At the same time, China seems to be increasingly convinced that it is capable of responding to challenges from the United States, while the Biden administration maintains the same tough strategy as its predecessor. Donald Trump When dealing with Beijing.
“They will once again invoke market economy and fair competition standards to force China to reform state-owned enterprises, industrial policies, government subsidies, labor rights, climate or protection of intellectual property rights,” said Xu Lin, China’s trade negotiator. Maintain an advantage over China.
Xu said that in response to the US strategy, China must press Western countries to lift the ban on high-tech exports. “If the U.S. refuses to do so, China has the right to implement export substitution policies in related fields,” the negotiator said.
Wang Yong, director of the Center for American Studies at Peking University, pointed out that based on the two parties’ stance that Washington must be tough on Beijing, President Biden seems unwilling and unable to reach an agreement with China before next year’s midterm elections.
“The results of the tariff war, supply chain disruption, and US macroeconomic problems show that they have no more weapons to put pressure on China,” Wang said.
The tariffs imposed by the Trump administration on China have so far failed to produce much effect because Beijing has adopted a dual-cycle strategy of promoting technological self-reliance and relying on the growth of the domestic market.
China has also indicated its intention to strengthen its trading position in the following ways Application Apply to join the Comprehensive Progress Agreement for Trans-Pacific Partnership (CPTPP), formerly known as the Trans-Pacific Partnership Agreement (TPP).
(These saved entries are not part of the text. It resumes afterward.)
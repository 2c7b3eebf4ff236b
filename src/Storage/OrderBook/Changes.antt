-- ===== src/Storage/OrderBook/Changes.antt =====
-- `add`, `remove` and a fill of a resting order: what they do to the dict, and that they keep the
-- invariant of the book.
use lumendark.Common.{
  ℕ, ◌≡◌, refl, sym, ap, ◌∙◌, subst, Option, none, some, Option-cases, inl, inr, ok, Decimal, ◌≤ℤ◌,
}
use lumendark.Common.Dict.{
  Dict, IsDict, lookup, contains, insert, erase, lookup-insert_self, insert-IsDict, erase-IsDict,
  erase-insert, lookup-insert-some, lookup-erase-some,
}
use lumendark.Common.Dict.Sum.{All-lookup, All-insert, All-erase}
use lumendark.Models.Order.{Order, OrderSide, buy, sell}
use lumendark.Storage.OrderBook.{
  write, OrderBook, Key, bid_key, ask_key, sorted_discard, list_order, unlist_order, add, remove,
}
use lumendark.Storage.OrderBook.Invariant.{IsResting, IsBook, Uncrossed, Apart, Crossing}
use lumendark.Storage.OrderBook.Sides.{
  IsSide-insert_across, IsSide-erase_across, IsSide-discard, IsSide-sorted_add, IsSide-insert_same,
}

add_eq :
    (o : Order) (book : OrderBook)
    → lookup o.id book.orders ≡ none
    → add o book ≡ (ok tt, list_order o o.side (record book { orders = insert o.id o book.orders }))
unfolding add
add_eq o book new = rw (contains, new)

pub remove_eq :
    (id : ℕ) (o : Order) (book : OrderBook)
    → lookup id book.orders ≡ some o
    → remove id book
      ≡ (some o, unlist_order o o.side (record book { orders = erase id book.orders }))
unfolding remove
remove_eq id o book found = rw (remove, found)

pub remove_missing :
    (id : ℕ) (book : OrderBook) → lookup id book.orders ≡ none → remove id book ≡ (none, book)
unfolding remove
remove_missing id book missing = rw (remove, missing)

orders-list_order :
    (o : Order) (side : OrderSide) (book : OrderBook)
    → (list_order o side book).orders ≡ book.orders
unfolding list_order
orders-list_order o buy book = refl
orders-list_order o sell book = refl

orders-unlist_order :
    (o : Order) (side : OrderSide) (book : OrderBook)
    → (unlist_order o side book).orders ≡ book.orders
unfolding unlist_order
orders-unlist_order o buy book = refl
orders-unlist_order o sell book = refl

pub orders-add :
    (o : Order) (book : OrderBook)
    → lookup o.id book.orders ≡ none
    → (add o book).1.orders ≡ insert o.id o book.orders
orders-add o book new = rw (add_eq o book new) (orders-list_order o o.side _)

pub orders-remove :
    (id : ℕ) (o : Order) (book : OrderBook)
    → lookup id book.orders ≡ some o
    → (remove id book).1.orders ≡ erase id book.orders
orders-remove id o book found = rw (remove_eq id o book found) (orders-unlist_order o o.side _)

Uncrossed-insert :
    (o : Order) (orders : Dict Order)
    → Uncrossed orders
    → Apart o orders
    → Uncrossed (insert o.id o orders)
Uncrossed-insert o orders h apart i j bid ask e f c =
    elim (lookup-insert-some i o.id o bid orders e) [
      | inl (_, new_bid) ↦ elim (lookup-insert-some j o.id o ask orders f) [
        | inl (_, new_ask) ↦ cc (new_bid, new_ask)
        | inr old_ask ↦
            ap (λ (p : Order). p.user_address) new_bid
            ∙ sym (apart j ask old_ask (inl (subst (λ (p : Order). Crossing p ask) new_bid c)))
      ]
      | inr old_bid ↦ elim (lookup-insert-some j o.id o ask orders f) [
        | inl (_, new_ask) ↦
            apart i bid old_bid (inr (subst (λ (p : Order). Crossing bid p) new_ask c))
            ∙ ap (λ (p : Order). p.user_address) (sym new_ask)
        | inr old_ask ↦ h i j bid ask old_bid old_ask c
      ]
    ]

Uncrossed-erase :
    (id : ℕ) (orders : Dict Order) → IsDict orders → Uncrossed orders → Uncrossed (erase id orders)
Uncrossed-erase id orders d h i j bid ask e f =
    h i j bid ask (lookup-erase-some i id bid orders d e).1
      (lookup-erase-some j id ask orders d f).1

-- An order of a book is apart from it, and so is a new value of the same side, price and user.
pub held-Apart :
    (id : ℕ) (o o' : Order) (orders : Dict Order)
    → Uncrossed orders
    → lookup id orders ≡ some o
    → o'.side ≡ o.side
    → o'.price ≡ o.price
    → o'.user_address ≡ o.user_address
    → Apart o' orders
held-Apart id o o' orders h found side price user i p e (inl c) = sym (
    user
    ∙ h id i o p found e (record {
      bid_side = sym side ∙ c.bid_side;
      ask_side = c.ask_side;
      reaches = subst (λ (x : Decimal). p.price ≤ℤ x) price c.reaches;
    }))
held-Apart id o o' orders h found side price user i p e (inr c) =
    h i id p o e found (record {
      bid_side = c.bid_side;
      ask_side = sym side ∙ c.ask_side;
      reaches = subst (λ (x : Decimal). x ≤ℤ p.price) price c.reaches;
    })
    ∙ sym user

list_order-IsBook :
    {next : ℕ} (o : Order) (book : OrderBook) (side : OrderSide)
    → o.side ≡ side
    → IsBook next book
    → lookup o.id book.orders ≡ none
    → IsResting next o.id o
    → Apart o book.orders
    → IsBook next (list_order o side (record book { orders = insert o.id o book.orders }))
unfolding list_order
list_order-IsBook o book buy same h new r apart = record {
  dict = insert-IsDict o.id o book.orders h.dict;
  resting = All-insert _ o.id o book.orders h.resting r;
  bids = IsSide-sorted_add bid_key (λ o. refl) buy book.orders o book.bids new same h.bids;
  asks = IsSide-insert_across ask_key (λ o. refl) sell book.orders o book.asks new (λ e. cc) h.asks;
  uncrossed = Uncrossed-insert o book.orders h.uncrossed apart;
}
list_order-IsBook o book sell same h new r apart = record {
  dict = insert-IsDict o.id o book.orders h.dict;
  resting = All-insert _ o.id o book.orders h.resting r;
  bids = IsSide-insert_across bid_key (λ o. refl) buy book.orders o book.bids new (λ e. cc) h.bids;
  asks = IsSide-sorted_add ask_key (λ o. refl) sell book.orders o book.asks new same h.asks;
  uncrossed = Uncrossed-insert o book.orders h.uncrossed apart;
}

pub add-IsBook :
    {next : ℕ} (o : Order) (book : OrderBook)
    → IsBook next book
    → lookup o.id book.orders ≡ none
    → IsResting next o.id o
    → Apart o book.orders
    → ((add o book).0 ≡ ok tt) × IsBook next (add o book).1
add-IsBook o book h new r apart =
    rw (add_eq o book new) (refl, list_order-IsBook o book o.side refl h new r apart)

unlist_order-IsBook :
    {next : ℕ} (id : ℕ) (o : Order) (book : OrderBook) (side : OrderSide)
    → o.side ≡ side
    → IsBook next book
    → lookup id book.orders ≡ some o
    → o.id ≡ id
    → IsBook next (unlist_order o side (record book { orders = erase id book.orders }))
unfolding unlist_order
unlist_order-IsBook id o book buy same h found own =
    let found' : lookup o.id book.orders ≡ some o = ap (λ i. lookup i book.orders) own ∙ found in
    let ids = λ (j : ℕ) (p : Order) (e : lookup j book.orders ≡ some p).
      (All-lookup _ j p book.orders h.resting e).own_id in
    rw (sym own) (record {
      dict = erase-IsDict o.id book.orders h.dict;
      resting = All-erase _ o.id book.orders h.resting;
      bids =
          IsSide-discard bid_key (λ o. refl) buy book.orders o book.bids h.dict ids found' h.bids;
      asks =
          IsSide-erase_across ask_key (λ o. refl) sell book.orders o book.asks h.dict found'
            (λ e. cc) h.asks;
      uncrossed = Uncrossed-erase o.id book.orders h.dict h.uncrossed;
    })
unlist_order-IsBook id o book sell same h found own =
    let found' : lookup o.id book.orders ≡ some o = ap (λ i. lookup i book.orders) own ∙ found in
    let ids = λ (j : ℕ) (p : Order) (e : lookup j book.orders ≡ some p).
      (All-lookup _ j p book.orders h.resting e).own_id in
    rw (sym own) (record {
      dict = erase-IsDict o.id book.orders h.dict;
      resting = All-erase _ o.id book.orders h.resting;
      bids =
          IsSide-erase_across bid_key (λ o. refl) buy book.orders o book.bids h.dict found'
            (λ e. cc) h.bids;
      asks =
          IsSide-discard ask_key (λ o. refl) sell book.orders o book.asks h.dict ids found' h.asks;
      uncrossed = Uncrossed-erase o.id book.orders h.dict h.uncrossed;
    })

-- A removal by any id keeps a book in order, whether or not it finds an order.
pub remove-IsBook :
    {next : ℕ} (id : ℕ) (book : OrderBook) → IsBook next book → IsBook next (remove id book).1
remove-IsBook id book h = elim (Option-cases (lookup id book.orders)) [
  | inl missing ↦ rw (remove_missing id book missing) h
  | inr (o, found) ↦ rw (remove_eq id o book found) (
      unlist_order-IsBook id o book o.side refl h found
        (All-lookup _ id o book.orders h.resting found).own_id)
]

-- A new value of a resting order, of the same side and key, keeps the book in order.
pub write-IsBook :
    {next : ℕ} (o o' : Order) (book : OrderBook)
    → IsBook next book
    → lookup o'.id book.orders ≡ some o
    → o'.side ≡ o.side
    → bid_key o' ≡ bid_key o
    → ask_key o' ≡ ask_key o
    → o'.user_address ≡ o.user_address
    → IsResting next o'.id o'
    → IsBook next (write o' book)
write-IsBook o o' book h found side bid ask user r = record {
  dict = insert-IsDict o'.id o' book.orders h.dict;
  resting = All-insert _ o'.id o' book.orders h.resting r;
  bids =
      IsSide-insert_same bid_key (λ o. refl) buy book.orders o o' book.bids found side bid h.bids;
  asks =
      IsSide-insert_same ask_key (λ o. refl) sell book.orders o o' book.asks found side ask h.asks;
  uncrossed = Uncrossed-insert o' book.orders h.uncrossed (
      held-Apart o'.id o o' book.orders h.uncrossed found side (ap (λ (k : Key). k.rank) ask) user);
}

unlist_order-same :
    (o o' : Order) (side : OrderSide) (book : OrderBook)
    → bid_key o' ≡ bid_key o
    → ask_key o' ≡ ask_key o
    → unlist_order o' side book ≡ unlist_order o side book
unfolding unlist_order
unlist_order-same o o' buy book bid ask =
    ap (λ (k : Key). record book { bids = sorted_discard k book.bids }) bid
unlist_order-same o o' sell book bid ask =
    ap (λ (k : Key). record book { asks = sorted_discard k book.asks }) ask

-- The removal of an order does not depend on a new value that was written for it before.
pub remove-write :
    (o o' : Order) (book : OrderBook)
    → IsDict book.orders
    → lookup o'.id book.orders ≡ some o
    → o'.side ≡ o.side
    → bid_key o' ≡ bid_key o
    → ask_key o' ≡ ask_key o
    → (remove o'.id (write o' book)).1 ≡ (remove o'.id book).1
remove-write o o' book d found side bid ask =
    ap (λ (p : Option Order × OrderBook). p.1)
      (remove_eq o'.id o' (write o' book) (lookup-insert_self o'.id o' book.orders))
    ∙ ap (λ (d : Dict Order). unlist_order o' o'.side (record book { orders = d }))
        (erase-insert o'.id o' book.orders d)
    ∙ ap (λ (s : OrderSide). unlist_order o' s (record book { orders = erase o'.id book.orders }))
        side
    ∙ unlist_order-same o o' o.side (record book { orders = erase o'.id book.orders }) bid ask
    ∙ ap (λ (p : Option Order × OrderBook). p.1) (sym (remove_eq o'.id o book found))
The United States initiated the TPP negotiation process, but Trump decided in 2017 to withdraw from the agreement on the grounds that the agreement did not bring benefits to workers in the country.
sheet Global Times The People’s Daily, the mouthpiece of the Chinese Communist Party, stated that applying to join the CPTPP strengthened Beijing’s “leading position in global trade” and made Washington “increasingly isolated”.
Reuters On November 18, the United States quoted an unnamed source as saying that it put pressure on South Korean chip maker SK Hynix to stop its plan to upgrade its large-scale production line in Wuxi, Jiangsu.
Chinese state media claimed that this was a manifestation of the US’s use of political supremacy to hinder normal business, and warned that such “interference” would further disrupt the supply chain. The global supply chain is already dealing with semiconductor shortages.
However, experts said that although the United States no longer possesses effective weapons to continue to exert pressure on China without interrupting the global supply chain, the United States will continue to maintain a tough attitude towards Beijing, possibly even more severely.
Expert Chen Fengying said: “The United States is more willing to discuss with its allies rather than directly negotiate with China because they realize that they can no longer deal with China alone.”